# Winter herping pics from the Perth area



## Elapidae1 (Jul 14, 2011)

These animals have all been found over the last 3 months. The herping in the Perth area is fairly hard going over the winter months and a lot of hours were put in, it's still quite rewarding with many species being firsts for me including all of the frogs.

1- Diplodactylus _polyophthalmus
_2- Nephrurus _milii
_3- Hemiergis _initialis
_4- Aprasia _repens_
5- Aprasia _pulchella
_6- Heleioporus _eyrei
_7- Heleioporus _inornatus
_8- Crinia _glauerti_


----------



## GeckPhotographer (Jul 14, 2011)

Love the polyophthalmus, still one of my favourite geckos. Bit jealous of the legless lizards to as the only ones I have seen are Lialis and Pygopus lepidipodus. 
I will trust you got the id on the mulch skink right but I would have though peronii or quadrilineata to be the more common in the area. (Obviously though they are very easy to distinguish due to number of fingers/toes.).

Nice pics, glad you have had a good winter herping.


----------



## Elapidae1 (Jul 14, 2011)

When I say Perth area I also meant surrounds including the Perth hills where H initialis was found, despite being very different in the flesh to H quadrilineata (without even looking at toes) H quadrilineata is absent from the Perth hills.
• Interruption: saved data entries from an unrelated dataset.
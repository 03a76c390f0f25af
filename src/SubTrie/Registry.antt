-- ===== src/SubTrie/Registry.antt =====
-- The trie as the set of subscriptions that it stands for: who is registered where, and how.
use dekit.Prelude.{
  ℕ, ◌≡◌, refl, sym, ap, ◌∙◌, Bool, true, false, ◌&&◌, ◌||◌, Option, none, some, Option-cases, inl,
  inr, List, [], ◌∷◌, contains, contains-set_insert, set_insert, contains-set_remove, arith, ◌==◌,
  if◌then◌else◌,
}
use dekit.Prelude.Text.{Text, text_eq, text_eq_iff}
use dekit.TaskPath.{TaskPath, components}
use dekit.SubTrie.{
  SubMode, exact, subtree, SubNode, node, SubTrie, default, get_child, or_default, is_empty,
  subscribe_at, remove_one, extend, collect_from, is_subscribed_from, mode_eq, subscribe,
  unsubscribe, collect, is_subscribed,
}
use dekit.SubTrie.Children.{get_child-set_child, get_child-remove_child}

-- `x` is registered at exactly these components, in this mode.
unfoldable pub holds_at : List Text → SubMode → ℕ → SubNode → Bool
holds_at [] exact x (node e s ch) = contains x e
holds_at [] subtree x (node e s ch) = contains x s
holds_at (c ∷ cs) m x (node e s ch) = elim (get_child c ch) [
  | none ↦ false
  | some n ↦ holds_at cs m x n
]

unfoldable pub path_eq : List Text → List Text → Bool
path_eq [] [] = true
path_eq [] (d ∷ ds) = false
path_eq (c ∷ cs) [] = false
path_eq (c ∷ cs) (d ∷ ds) = text_eq c d && path_eq cs ds

pub holds_at-default : (cs : List Text) (m : SubMode) (x : ℕ) → holds_at cs m x default ≡ false
unfolding holds_at get_child
holds_at-default [] exact x = refl
holds_at-default [] subtree x = refl
holds_at-default (c ∷ cs) m x = refl

pub holds-subscribe_at :
    (cs ds : List Text) (m k : SubMode) (x y : ℕ) (n : SubNode)
    → holds_at ds k y (subscribe_at cs x m n)
      ≡ (path_eq cs ds && mode_eq m k && (x == y) || holds_at ds k y n)
unfolding holds_at subscribe_at path_eq
holds-subscribe_at [] [] exact exact x y (node e s ch) = contains-set_insert x y e
holds-subscribe_at [] [] exact subtree x y (node e s ch) = refl
holds-subscribe_at [] [] subtree exact x y (node e s ch) = refl
holds-subscribe_at [] [] subtree subtree x y (node e s ch) = contains-set_insert x y s
holds-subscribe_at [] (d ∷ ds) exact k x y (node e s ch) = refl
holds-subscribe_at [] (d ∷ ds) subtree k x y (node e s ch) = refl
holds-subscribe_at (c ∷ cs) [] m exact x y (node e s ch) = refl
holds-subscribe_at (c ∷ cs) [] m subtree x y (node e s ch) = refl
holds-subscribe_at (c ∷ cs) (d ∷ ds) m k x y (node e s ch) = ground (
  arith,
  text_eq_iff c d,
  holds_at-default ds k y,
  holds-subscribe_at cs ds m k x y (or_default (get_child c ch)),
  get_child-set_child c d (subscribe_at cs x m (or_default (get_child c ch))) ch,
)

-- A node that is empty holds nobody.
holds-is_empty :
    (cs : List Text) (m : SubMode) (x : ℕ) (n : SubNode)
    → is_empty n ≡ true
    → holds_at cs m x n ≡ false
unfolding holds_at get_child
holds-is_empty [] exact x (node e s ch) h = ground arith
holds-is_empty [] subtree x (node e s ch) h = ground arith
holds-is_empty (c ∷ cs) m x (node e s ch) h = ground arith

pub holds-remove_one :
    (cs ds : List Text) (m k : SubMode) (x y : ℕ) (n : SubNode)
    → holds_at ds k y (remove_one cs x m n)
      ≡ (if path_eq cs ds && mode_eq m k && (x == y) then false else holds_at ds k y n)
unfolding holds_at remove_one path_eq
holds-remove_one [] [] exact exact x y (node e s ch) = contains-set_remove x y e
holds-remove_one [] [] exact subtree x y (node e s ch) = refl
holds-remove_one [] [] subtree exact x y (node e s ch) = refl
holds-remove_one [] [] subtree subtree x y (node e s ch) = contains-set_remove x y s
holds-remove_one [] (d ∷ ds) exact k x y (node e s ch) = refl
holds-remove_one [] (d ∷ ds) subtree k x y (node e s ch) = refl
holds-remove_one (c ∷ cs) [] m exact x y (node e s ch) = ground arith
holds-remove_one (c ∷ cs) [] m subtree x y (node e s ch) = ground arith
holds-remove_one (c ∷ cs) (d ∷ ds) m k x y (node e s ch) = elim (Option-cases (get_child c ch)) [
  | inl gone ↦ ground (arith, text_eq_iff c d)
  | inr (n, at) ↦ ground (
    arith,
    text_eq_iff c d,
    holds-remove_one cs ds m k x y n,
    holds-is_empty ds k y (remove_one cs x m n),
    get_child-set_child c d (remove_one cs x m n) ch,
    get_child-remove_child c d ch,
  )
]

-- What a registry of subscriptions says of a path: somebody is told of it who is registered at it,
-- or at a path above it for the whole subtree.
unfoldable pub told : (List Text → SubMode → Bool) → List Text → Bool
told reg [] = reg [] subtree || reg [] exact
told reg (c ∷ cs) = reg [] subtree || told (λ ds. reg (c ∷ ds)) cs

told-none : (cs : List Text) → told (λ ds m. false) cs ≡ false
unfolding told
told-none [] = refl
told-none (c ∷ cs) = told-none cs

if_or : (b r : Bool) → (if b then true else r) ≡ (b || r)
if_or true r = refl
if_or false r = refl

told_child :
    (cs : List Text) (x : ℕ) (o : Option SubNode)
    → ((n : SubNode) → is_subscribed_from cs n x ≡ told (λ ds m. holds_at ds m x n) cs)
    → ◌≡◌ {A = Bool}
        (elim o [ none ↦ false | some n ↦ is_subscribed_from cs n x ])
        (told (λ ds m. elim o [ none ↦ false | some n ↦ holds_at ds m x n ]) cs)
told_child cs x none ih = sym (told-none cs)
told_child cs x (some n) ih = ih n

is_subscribed_from-told :
    (cs : List Text) (n : SubNode) (x : ℕ)
    → is_subscribed_from cs n x ≡ told (λ ds m. holds_at ds m x n) cs
unfolding is_subscribed_from told holds_at
is_subscribed_from-told [] (node e s ch) x = ground arith
is_subscribed_from-told (c ∷ cs) (node e s ch) x =
    if_or (contains x s) _
    ∙ ap (λ r. contains x s || r)
        (told_child cs x (get_child c ch) (λ n. is_subscribed_from-told cs n x))

pub contains-extend :
    (x : ℕ) (xs out : List ℕ) → contains x (extend xs out) ≡ (contains x out || contains x xs)
unfolding extend
contains-extend x [] out = ground arith
contains-extend x (a ∷ xs) out =
    ground (arith, contains-extend x xs (set_insert a out), contains-set_insert a x out)

contains-collect_from :
    (cs : List Text) (n : SubNode) (x : ℕ) (out : List ℕ)
    → contains x (collect_from cs n out) ≡ (contains x out || is_subscribed_from cs n x)
unfolding collect_from is_subscribed_from
contains-collect_from [] (node e s ch) x out =
    ground (arith, contains-extend x e (extend s out), contains-extend x s out)
contains-collect_from (c ∷ cs) (node e s ch) x out = elim (Option-cases (get_child c ch)) [
  | inl gone ↦ ground (arith, contains-extend x s out)
  | inr (n, at) ↦
      ground (arith, contains-extend x s out, contains-collect_from cs n x (extend s out))
]

-- The registry of a trie: `x` is subscribed at these components in this mode.
unfoldable pub holds : SubTrie → List Text → SubMode → ℕ → Bool
holds t cs m x = holds_at cs m x t.root

-- Subscribing adds exactly one subscription to the registry, and unsubscribing takes exactly that
-- one away, whoever else is registered there, above it or below it.
pub holds-subscribe-unsubscribe :
    (t : SubTrie) (x y : ℕ) (p : TaskPath) (m k : SubMode) (ds : List Text)
    → (holds (subscribe t x p m) ds k y
        ≡ (path_eq (components p) ds && mode_eq m k && (x == y) || holds t ds k y))
      × (holds (unsubscribe t x p m) ds k y ≡ (
          if path_eq (components p) ds && mode_eq m k && (x == y) then false else holds t ds k y))
unfolding holds subscribe unsubscribe
holds-subscribe-unsubscribe t x y p m k ds = (
  holds-subscribe_at (components p) ds m k x y t.root,
  holds-remove_one (components p) ds m k x y t.root,
)

-- A task is told of a path when the registry has it at the path, or above it for the subtree.
pub is_subscribed-told :
    (t : SubTrie) (x : ℕ) (p : TaskPath)
    → is_subscribed t x p ≡ told (λ ds m. holds t ds m x) (components p)
unfolding is_subscribed holds
is_subscribed-told t x p = is_subscribed_from-told (components p) t.root x

-- `collect` adds exactly the tasks for which `is_subscribed` holds, and drops none.
pub contains-collect :
    (t : SubTrie) (x : ℕ) (p : TaskPath) (out : List ℕ)
    → contains x (collect t p out) ≡ (contains x out || is_subscribed t x p)
unfolding collect is_subscribed
contains-collect t x p out = contains-collect_from (components p) t.root x out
I am yet to find H peronii


----------



## Wally (Jul 14, 2011)

Nice finds Steve.


----------



## Elapidae1 (Jul 14, 2011)

I also am yet to find P lepidopodus, among many other Pygopods which really frustrates me. I like the stone gecko's but I love finding (extremely common) N milii purely because of their attitude and looks.

Thanks Wally

This was almost DOR hit by the car in front and basking next to another mid June.


----------



## mmafan555 (Jul 14, 2011)

How common can you see tiger snakes around perth?


----------



## Elapidae1 (Jul 14, 2011)

At the right time of year and wheather conditions permitting, you can almost expect to find them at will provided you know what your looking for. Some areas they are commonly seen basking on foot paths and roads and will also show up on sunny days in the winter.


----------



## Treknotechelaps (Jul 14, 2011)

Good finds there!
Love those tiny Aprasias, only seen A. parapulchella and A. striolata so far but do hope to find A. aurita oneday, and the others in the future.
Although being winter you still found some cool species, found my first Striped Legless Lizard the other week after searching several times for them, winter and spring seem to be a good time of year to find Aprasias and D. impar over in Vic.


----------



## Nephrurus (Jul 16, 2011)

Nice work on the Aprasia's Steve, those can be tricky to I haven't got one of the puchella yet. We found a Diplo pulcher in the hills not long ago (in between jobs) as well as Helio barycragus and albopunctata. There is certainly a great diversity of herps out here around Perth if you're keen to put in the effort. Most don't though (lucky for us).


----------



## Elapidae1 (Jul 16, 2011)

Thanks Elapo and Nephrurus. Nephrurus, I cant really take the credit for the Aprasia, Much to my sometimes infurating annoyance the bloke I go herping with usually turns up all the good stuff and I'm lucky enough to be there to photograph it,LOL. I haven't found D pulcher for a while but will make an effort to redo them this year. Another 4 weeks and it should all really start kicking in again around here.


----------



## GeckPhotographer (Jul 16, 2011)

Hey Guys I am coming over to WA, probably doing the coast run up to Shark Bay but still not totally decided, nearer to the end of the year, mid- late november (not exactly sure what dates). Last time I came over I did a lot of inland stuff saw a lot of geckos (but only one dragon), this time hoping to see all the coastal Stophurus and as many legless geckos as possible. If we go a bit more inland might stay a few nights at Charles Darwin Reserve which I have found amazing in the past. If I make it up to Shark Bay I would especially love to see Pletholax (as much as I am informed I will have trouble.). Any advice, areas to go, or such would be great.


----------



## lizardman59 (Jul 23, 2011)

when you mean perth hills do you mean like kalamunda bickley lesmurdie or what also have you seen any monitors in the summer time i saw a massive one we were driving along and it sprinted across the road into the bush it was a big one been trying to find it again but havent seen it


----------



## Megzz (Jul 23, 2011)

Always love your photos Steve, nice work


----------



## Elapidae1 (Jul 23, 2011)

Yeah right through that entire area lizardman and I have seen quite a few heath monitors in the hills. I don't generally give out specifics.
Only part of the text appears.